__Problem__:
Given the records below, would you repeat exactly the lines that begin at the one containing "low_off r ntp" and end at the one containing "let whole_part : drop", inclusive?

__Input records__:
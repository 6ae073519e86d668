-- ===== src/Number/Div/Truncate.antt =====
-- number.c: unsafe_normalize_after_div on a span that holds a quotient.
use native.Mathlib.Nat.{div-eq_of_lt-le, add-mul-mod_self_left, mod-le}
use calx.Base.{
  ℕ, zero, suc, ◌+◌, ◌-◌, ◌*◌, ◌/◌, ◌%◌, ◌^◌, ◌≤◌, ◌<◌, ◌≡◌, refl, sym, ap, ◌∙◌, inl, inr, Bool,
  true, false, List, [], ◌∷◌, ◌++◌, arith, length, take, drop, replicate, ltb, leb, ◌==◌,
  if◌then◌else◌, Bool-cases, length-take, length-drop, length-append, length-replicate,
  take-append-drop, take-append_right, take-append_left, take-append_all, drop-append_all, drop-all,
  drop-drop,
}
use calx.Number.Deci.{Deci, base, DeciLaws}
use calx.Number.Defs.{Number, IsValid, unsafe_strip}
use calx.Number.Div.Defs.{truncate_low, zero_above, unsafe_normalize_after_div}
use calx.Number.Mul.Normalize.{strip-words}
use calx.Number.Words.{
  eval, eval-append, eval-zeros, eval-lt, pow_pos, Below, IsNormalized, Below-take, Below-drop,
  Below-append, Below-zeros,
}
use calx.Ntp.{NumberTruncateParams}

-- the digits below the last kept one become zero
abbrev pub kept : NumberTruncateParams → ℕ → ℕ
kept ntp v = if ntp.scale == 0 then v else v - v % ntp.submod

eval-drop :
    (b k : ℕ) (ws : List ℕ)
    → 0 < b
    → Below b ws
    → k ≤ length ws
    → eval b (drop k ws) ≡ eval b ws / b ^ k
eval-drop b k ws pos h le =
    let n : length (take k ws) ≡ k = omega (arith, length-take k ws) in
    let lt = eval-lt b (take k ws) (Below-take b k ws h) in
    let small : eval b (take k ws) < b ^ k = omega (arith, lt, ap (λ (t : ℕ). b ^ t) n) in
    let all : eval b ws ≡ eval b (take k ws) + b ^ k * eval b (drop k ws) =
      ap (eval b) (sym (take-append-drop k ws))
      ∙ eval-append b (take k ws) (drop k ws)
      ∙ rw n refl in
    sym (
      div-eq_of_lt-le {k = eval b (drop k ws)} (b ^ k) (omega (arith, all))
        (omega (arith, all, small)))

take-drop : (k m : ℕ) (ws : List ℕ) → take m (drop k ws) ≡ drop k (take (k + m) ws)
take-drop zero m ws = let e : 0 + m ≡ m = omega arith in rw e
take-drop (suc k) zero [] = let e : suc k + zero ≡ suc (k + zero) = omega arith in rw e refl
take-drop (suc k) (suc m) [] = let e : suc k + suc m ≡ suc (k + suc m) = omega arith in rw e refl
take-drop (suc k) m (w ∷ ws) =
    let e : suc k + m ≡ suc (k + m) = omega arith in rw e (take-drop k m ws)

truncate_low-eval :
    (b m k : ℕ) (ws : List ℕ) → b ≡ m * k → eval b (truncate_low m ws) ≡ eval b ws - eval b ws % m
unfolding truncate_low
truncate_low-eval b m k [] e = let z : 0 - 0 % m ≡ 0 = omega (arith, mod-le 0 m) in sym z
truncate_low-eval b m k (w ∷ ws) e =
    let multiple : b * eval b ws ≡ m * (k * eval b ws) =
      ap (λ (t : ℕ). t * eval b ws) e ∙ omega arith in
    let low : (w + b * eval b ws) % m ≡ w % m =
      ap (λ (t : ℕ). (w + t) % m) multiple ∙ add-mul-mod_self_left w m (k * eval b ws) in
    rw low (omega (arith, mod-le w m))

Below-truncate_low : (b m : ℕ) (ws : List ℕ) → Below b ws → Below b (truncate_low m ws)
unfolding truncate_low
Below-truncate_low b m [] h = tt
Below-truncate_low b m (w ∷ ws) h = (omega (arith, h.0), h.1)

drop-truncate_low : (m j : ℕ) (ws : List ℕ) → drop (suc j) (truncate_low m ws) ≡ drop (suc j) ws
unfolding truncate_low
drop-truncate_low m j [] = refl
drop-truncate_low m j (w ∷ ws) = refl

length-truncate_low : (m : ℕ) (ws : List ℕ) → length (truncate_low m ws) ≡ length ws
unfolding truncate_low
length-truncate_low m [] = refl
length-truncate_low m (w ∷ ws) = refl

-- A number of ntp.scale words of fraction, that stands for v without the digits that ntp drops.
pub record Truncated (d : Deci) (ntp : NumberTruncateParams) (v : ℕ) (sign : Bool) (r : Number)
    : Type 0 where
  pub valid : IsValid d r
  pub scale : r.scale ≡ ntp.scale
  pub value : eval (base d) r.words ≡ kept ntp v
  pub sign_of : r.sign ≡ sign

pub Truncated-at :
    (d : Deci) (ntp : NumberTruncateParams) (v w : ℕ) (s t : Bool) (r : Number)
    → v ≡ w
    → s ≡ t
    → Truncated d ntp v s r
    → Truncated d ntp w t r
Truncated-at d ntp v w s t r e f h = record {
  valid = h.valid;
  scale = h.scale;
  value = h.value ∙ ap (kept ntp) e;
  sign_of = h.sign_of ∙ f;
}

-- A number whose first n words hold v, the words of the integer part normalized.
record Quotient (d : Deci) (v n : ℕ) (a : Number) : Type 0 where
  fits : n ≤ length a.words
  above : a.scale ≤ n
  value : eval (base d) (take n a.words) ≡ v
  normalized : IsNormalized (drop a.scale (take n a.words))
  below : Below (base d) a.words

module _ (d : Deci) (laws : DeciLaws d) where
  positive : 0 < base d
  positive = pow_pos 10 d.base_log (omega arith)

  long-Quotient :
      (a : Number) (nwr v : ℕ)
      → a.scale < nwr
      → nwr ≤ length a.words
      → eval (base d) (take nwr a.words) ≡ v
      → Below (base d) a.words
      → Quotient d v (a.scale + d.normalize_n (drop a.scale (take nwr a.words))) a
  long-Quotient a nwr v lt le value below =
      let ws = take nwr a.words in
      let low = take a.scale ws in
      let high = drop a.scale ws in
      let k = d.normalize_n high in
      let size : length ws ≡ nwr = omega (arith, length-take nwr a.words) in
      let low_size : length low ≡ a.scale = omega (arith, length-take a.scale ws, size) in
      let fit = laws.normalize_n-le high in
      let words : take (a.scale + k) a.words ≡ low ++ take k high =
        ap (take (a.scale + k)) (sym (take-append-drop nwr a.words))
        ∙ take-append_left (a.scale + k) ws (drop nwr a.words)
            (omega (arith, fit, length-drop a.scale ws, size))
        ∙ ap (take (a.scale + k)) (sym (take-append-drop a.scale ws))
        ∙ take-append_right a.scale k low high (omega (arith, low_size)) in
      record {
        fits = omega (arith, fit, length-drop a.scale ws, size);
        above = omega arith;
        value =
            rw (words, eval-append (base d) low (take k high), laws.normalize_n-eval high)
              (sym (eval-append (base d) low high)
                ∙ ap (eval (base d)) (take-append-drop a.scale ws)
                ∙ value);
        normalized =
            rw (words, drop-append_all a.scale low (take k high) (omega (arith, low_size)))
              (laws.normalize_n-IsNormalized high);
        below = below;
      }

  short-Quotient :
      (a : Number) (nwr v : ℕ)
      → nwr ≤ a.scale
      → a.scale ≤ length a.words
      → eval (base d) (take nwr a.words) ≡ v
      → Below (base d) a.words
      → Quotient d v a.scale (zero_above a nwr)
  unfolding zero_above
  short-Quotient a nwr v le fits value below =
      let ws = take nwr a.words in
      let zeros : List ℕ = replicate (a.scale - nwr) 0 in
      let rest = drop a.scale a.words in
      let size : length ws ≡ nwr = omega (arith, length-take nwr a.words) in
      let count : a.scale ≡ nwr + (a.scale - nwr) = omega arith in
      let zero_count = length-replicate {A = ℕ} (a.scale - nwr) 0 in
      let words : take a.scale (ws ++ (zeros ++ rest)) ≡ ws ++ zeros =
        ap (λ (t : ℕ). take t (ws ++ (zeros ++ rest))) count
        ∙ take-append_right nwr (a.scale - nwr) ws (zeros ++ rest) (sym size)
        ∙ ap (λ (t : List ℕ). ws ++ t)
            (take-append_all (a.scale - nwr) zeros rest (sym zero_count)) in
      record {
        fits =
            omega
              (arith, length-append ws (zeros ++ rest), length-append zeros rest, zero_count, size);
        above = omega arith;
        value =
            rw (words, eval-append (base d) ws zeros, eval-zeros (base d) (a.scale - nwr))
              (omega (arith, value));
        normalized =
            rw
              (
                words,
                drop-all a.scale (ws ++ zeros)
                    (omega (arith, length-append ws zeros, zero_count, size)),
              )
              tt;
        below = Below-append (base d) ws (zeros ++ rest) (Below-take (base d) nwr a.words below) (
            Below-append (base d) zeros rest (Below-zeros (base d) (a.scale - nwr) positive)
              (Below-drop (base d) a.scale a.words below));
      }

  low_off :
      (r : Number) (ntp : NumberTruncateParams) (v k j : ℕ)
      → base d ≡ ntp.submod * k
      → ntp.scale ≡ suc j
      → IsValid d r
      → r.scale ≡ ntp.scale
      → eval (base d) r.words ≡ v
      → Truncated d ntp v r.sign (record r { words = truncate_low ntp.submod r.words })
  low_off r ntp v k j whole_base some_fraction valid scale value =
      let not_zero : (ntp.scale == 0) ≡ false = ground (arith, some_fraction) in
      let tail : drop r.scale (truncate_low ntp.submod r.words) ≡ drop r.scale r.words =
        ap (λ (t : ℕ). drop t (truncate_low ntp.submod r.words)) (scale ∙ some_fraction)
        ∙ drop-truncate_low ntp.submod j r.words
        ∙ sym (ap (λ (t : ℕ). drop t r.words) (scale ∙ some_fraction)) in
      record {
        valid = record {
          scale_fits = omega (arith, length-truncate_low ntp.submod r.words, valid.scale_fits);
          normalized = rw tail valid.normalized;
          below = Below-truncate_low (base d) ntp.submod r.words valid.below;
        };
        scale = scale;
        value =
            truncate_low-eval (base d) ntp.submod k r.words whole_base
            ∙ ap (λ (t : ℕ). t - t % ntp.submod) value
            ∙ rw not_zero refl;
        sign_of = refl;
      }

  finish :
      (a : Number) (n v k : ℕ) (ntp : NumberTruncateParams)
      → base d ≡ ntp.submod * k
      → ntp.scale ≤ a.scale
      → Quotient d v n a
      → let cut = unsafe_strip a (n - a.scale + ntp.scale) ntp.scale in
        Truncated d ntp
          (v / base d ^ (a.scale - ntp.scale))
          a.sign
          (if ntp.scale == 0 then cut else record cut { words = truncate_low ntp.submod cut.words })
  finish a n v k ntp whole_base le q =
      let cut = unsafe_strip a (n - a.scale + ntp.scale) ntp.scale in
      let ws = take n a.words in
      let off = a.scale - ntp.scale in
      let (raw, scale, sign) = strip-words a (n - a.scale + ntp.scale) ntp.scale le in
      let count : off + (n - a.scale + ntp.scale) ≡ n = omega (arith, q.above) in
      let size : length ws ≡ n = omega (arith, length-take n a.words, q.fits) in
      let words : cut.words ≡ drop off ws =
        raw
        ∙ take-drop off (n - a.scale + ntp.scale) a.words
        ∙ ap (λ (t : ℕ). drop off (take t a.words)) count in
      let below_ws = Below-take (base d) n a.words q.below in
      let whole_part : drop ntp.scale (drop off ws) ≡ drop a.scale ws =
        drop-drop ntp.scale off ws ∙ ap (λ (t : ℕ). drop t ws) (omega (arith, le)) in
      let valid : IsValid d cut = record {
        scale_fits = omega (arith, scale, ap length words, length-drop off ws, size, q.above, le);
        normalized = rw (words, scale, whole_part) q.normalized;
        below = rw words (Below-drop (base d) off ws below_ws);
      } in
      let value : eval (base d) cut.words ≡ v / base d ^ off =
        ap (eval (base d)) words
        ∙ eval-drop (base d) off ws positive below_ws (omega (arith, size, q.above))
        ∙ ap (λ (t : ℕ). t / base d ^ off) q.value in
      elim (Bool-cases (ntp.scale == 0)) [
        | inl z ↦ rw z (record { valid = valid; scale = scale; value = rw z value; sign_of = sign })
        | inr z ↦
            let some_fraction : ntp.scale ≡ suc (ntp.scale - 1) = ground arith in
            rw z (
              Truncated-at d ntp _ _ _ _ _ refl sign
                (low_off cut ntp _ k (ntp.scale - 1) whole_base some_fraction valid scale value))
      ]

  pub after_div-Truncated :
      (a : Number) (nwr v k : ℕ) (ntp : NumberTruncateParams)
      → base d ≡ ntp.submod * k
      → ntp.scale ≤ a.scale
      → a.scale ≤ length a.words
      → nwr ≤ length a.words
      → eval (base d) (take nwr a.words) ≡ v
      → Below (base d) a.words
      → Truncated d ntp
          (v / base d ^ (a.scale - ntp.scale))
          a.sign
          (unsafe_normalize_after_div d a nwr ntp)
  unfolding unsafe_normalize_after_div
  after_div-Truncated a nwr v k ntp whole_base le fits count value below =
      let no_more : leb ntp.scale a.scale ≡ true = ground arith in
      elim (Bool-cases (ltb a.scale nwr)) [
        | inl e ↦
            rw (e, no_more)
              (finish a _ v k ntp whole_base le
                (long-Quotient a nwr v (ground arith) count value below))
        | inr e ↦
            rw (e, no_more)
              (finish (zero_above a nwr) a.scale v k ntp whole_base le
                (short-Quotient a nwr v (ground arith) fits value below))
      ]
==
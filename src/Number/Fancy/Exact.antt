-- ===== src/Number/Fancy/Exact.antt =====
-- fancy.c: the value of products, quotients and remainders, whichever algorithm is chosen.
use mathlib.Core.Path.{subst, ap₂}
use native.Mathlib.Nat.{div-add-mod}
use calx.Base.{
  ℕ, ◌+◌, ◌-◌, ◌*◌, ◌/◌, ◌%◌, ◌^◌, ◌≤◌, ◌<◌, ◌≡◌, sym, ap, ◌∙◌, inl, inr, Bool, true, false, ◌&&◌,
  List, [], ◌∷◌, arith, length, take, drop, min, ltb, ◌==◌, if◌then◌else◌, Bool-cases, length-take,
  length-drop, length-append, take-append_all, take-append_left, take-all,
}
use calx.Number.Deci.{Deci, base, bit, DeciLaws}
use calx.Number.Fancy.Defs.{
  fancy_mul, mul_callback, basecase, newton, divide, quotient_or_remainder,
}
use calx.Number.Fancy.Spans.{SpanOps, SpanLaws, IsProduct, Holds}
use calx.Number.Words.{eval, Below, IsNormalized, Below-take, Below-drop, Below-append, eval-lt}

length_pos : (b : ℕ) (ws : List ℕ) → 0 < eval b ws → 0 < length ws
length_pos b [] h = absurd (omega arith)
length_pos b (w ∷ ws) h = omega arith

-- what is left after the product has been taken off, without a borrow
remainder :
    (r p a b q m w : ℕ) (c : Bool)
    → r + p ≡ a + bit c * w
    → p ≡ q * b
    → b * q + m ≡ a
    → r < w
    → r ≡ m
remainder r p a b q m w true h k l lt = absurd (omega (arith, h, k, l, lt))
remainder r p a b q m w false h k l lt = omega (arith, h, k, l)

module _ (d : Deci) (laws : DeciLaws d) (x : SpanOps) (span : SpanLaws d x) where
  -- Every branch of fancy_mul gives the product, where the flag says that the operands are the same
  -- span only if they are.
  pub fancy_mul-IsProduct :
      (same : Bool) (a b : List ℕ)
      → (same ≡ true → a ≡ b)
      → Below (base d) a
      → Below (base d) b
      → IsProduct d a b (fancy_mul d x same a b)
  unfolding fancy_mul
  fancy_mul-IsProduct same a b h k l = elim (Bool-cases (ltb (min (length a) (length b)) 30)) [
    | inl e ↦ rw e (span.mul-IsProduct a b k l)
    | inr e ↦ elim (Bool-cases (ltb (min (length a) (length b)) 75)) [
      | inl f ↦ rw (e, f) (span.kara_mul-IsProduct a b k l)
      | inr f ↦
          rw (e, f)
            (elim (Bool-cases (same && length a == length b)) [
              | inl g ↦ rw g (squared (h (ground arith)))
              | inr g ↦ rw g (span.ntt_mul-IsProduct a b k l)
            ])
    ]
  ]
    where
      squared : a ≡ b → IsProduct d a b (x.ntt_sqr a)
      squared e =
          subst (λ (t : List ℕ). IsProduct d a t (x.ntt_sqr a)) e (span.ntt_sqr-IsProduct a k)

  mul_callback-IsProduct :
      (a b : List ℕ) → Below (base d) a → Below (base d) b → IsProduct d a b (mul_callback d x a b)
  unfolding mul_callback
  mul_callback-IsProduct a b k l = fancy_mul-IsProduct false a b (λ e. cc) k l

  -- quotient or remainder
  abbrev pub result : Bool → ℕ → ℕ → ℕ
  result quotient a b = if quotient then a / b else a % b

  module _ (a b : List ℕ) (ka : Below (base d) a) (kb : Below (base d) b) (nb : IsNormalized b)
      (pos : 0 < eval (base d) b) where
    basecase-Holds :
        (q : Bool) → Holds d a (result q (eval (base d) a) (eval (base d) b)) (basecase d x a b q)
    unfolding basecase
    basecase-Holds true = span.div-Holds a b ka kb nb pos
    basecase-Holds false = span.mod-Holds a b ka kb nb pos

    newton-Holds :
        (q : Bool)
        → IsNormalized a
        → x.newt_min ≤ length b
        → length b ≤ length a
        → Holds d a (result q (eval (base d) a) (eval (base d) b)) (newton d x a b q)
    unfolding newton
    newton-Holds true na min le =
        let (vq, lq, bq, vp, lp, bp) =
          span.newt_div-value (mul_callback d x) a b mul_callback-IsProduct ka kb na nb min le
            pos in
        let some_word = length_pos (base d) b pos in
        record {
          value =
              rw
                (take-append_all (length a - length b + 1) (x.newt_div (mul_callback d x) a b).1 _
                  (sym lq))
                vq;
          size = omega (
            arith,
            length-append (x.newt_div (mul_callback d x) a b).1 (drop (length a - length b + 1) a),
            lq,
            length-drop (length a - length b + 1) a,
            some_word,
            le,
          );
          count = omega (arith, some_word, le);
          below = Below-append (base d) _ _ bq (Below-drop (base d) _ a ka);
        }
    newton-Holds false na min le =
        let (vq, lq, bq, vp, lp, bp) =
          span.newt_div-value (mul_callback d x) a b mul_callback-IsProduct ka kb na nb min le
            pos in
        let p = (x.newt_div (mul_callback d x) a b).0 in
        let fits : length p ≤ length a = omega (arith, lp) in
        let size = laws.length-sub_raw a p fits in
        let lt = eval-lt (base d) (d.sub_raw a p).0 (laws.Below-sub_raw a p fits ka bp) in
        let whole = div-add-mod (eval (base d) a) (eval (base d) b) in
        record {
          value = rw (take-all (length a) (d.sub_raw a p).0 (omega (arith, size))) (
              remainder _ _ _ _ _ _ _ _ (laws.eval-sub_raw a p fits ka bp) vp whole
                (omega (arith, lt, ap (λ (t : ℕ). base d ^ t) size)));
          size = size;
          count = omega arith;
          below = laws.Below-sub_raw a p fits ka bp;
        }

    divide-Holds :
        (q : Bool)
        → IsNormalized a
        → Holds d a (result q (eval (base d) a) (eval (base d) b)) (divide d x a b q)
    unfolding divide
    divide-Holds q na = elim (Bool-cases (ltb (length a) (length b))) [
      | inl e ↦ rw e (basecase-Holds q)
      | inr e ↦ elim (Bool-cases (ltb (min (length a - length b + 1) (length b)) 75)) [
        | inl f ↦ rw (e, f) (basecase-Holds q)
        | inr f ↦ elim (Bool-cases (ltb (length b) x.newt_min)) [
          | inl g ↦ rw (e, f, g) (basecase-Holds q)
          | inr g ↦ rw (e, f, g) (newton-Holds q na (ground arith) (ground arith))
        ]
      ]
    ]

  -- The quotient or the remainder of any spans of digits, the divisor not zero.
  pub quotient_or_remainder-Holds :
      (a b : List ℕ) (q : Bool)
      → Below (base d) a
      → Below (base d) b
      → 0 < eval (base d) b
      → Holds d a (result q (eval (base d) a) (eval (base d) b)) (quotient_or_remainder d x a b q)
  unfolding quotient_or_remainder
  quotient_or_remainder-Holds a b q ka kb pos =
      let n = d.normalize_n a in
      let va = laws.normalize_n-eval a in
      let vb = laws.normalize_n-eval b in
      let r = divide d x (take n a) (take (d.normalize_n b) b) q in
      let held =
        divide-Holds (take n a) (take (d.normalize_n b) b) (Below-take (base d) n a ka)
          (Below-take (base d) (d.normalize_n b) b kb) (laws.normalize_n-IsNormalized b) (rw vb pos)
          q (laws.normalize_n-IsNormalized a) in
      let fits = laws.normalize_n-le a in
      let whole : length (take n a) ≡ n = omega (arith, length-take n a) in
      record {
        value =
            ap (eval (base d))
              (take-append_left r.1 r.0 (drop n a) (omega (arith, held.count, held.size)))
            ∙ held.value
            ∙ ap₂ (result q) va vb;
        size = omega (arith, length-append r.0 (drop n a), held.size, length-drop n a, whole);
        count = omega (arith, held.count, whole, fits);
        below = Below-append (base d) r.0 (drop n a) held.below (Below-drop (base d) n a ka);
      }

__Result below__:
  low_off r ntp v k j whole_base some_fraction valid scale value =
      let not_zero : (ntp.scale == 0) ≡ false = ground (arith, some_fraction) in
      let tail : drop r.scale (truncate_low ntp.submod r.words) ≡ drop r.scale r.words =
        ap (λ (t : ℕ). drop t (truncate_low ntp.submod r.words)) (scale ∙ some_fraction)
        ∙ drop-truncate_low ntp.submod j r.words
        ∙ sym (ap (λ (t : ℕ). drop t r.words) (scale ∙ some_fraction)) in
      record {
        valid = record {
          scale_fits = omega (arith, length-truncate_low ntp.submod r.words, valid.scale_fits);
          normalized = rw tail valid.normalized;
          below = Below-truncate_low (base d) ntp.submod r.words valid.below;
        };
        scale = scale;
        value =
            truncate_low-eval (base d) ntp.submod k r.words whole_base
            ∙ ap (λ (t : ℕ). t - t % ntp.submod) value
            ∙ rw not_zero refl;
        sign_of = refl;
      }

  finish :
      (a : Number) (n v k : ℕ) (ntp : NumberTruncateParams)
      → base d ≡ ntp.submod * k
      → ntp.scale ≤ a.scale
      → Quotient d v n a
      → let cut = unsafe_strip a (n - a.scale + ntp.scale) ntp.scale in
        Truncated d ntp
          (v / base d ^ (a.scale - ntp.scale))
          a.sign
          (if ntp.scale == 0 then cut else record cut { words = truncate_low ntp.submod cut.words })
  finish a n v k ntp whole_base le q =
      let cut = unsafe_strip a (n - a.scale + ntp.scale) ntp.scale in
      let ws = take n a.words in
      let off = a.scale - ntp.scale in
      let (raw, scale, sign) = strip-words a (n - a.scale + ntp.scale) ntp.scale le in
      let count : off + (n - a.scale + ntp.scale) ≡ n = omega (arith, q.above) in
      let size : length ws ≡ n = omega (arith, length-take n a.words, q.fits) in
      let words : cut.words ≡ drop off ws =
        raw
        ∙ take-drop off (n - a.scale + ntp.scale) a.words
        ∙ ap (λ (t : ℕ). drop off (take t a.words)) count in
      let below_ws = Below-take (base d) n a.words q.below in
      let whole_part : drop ntp.scale (drop off ws) ≡ drop a.scale ws =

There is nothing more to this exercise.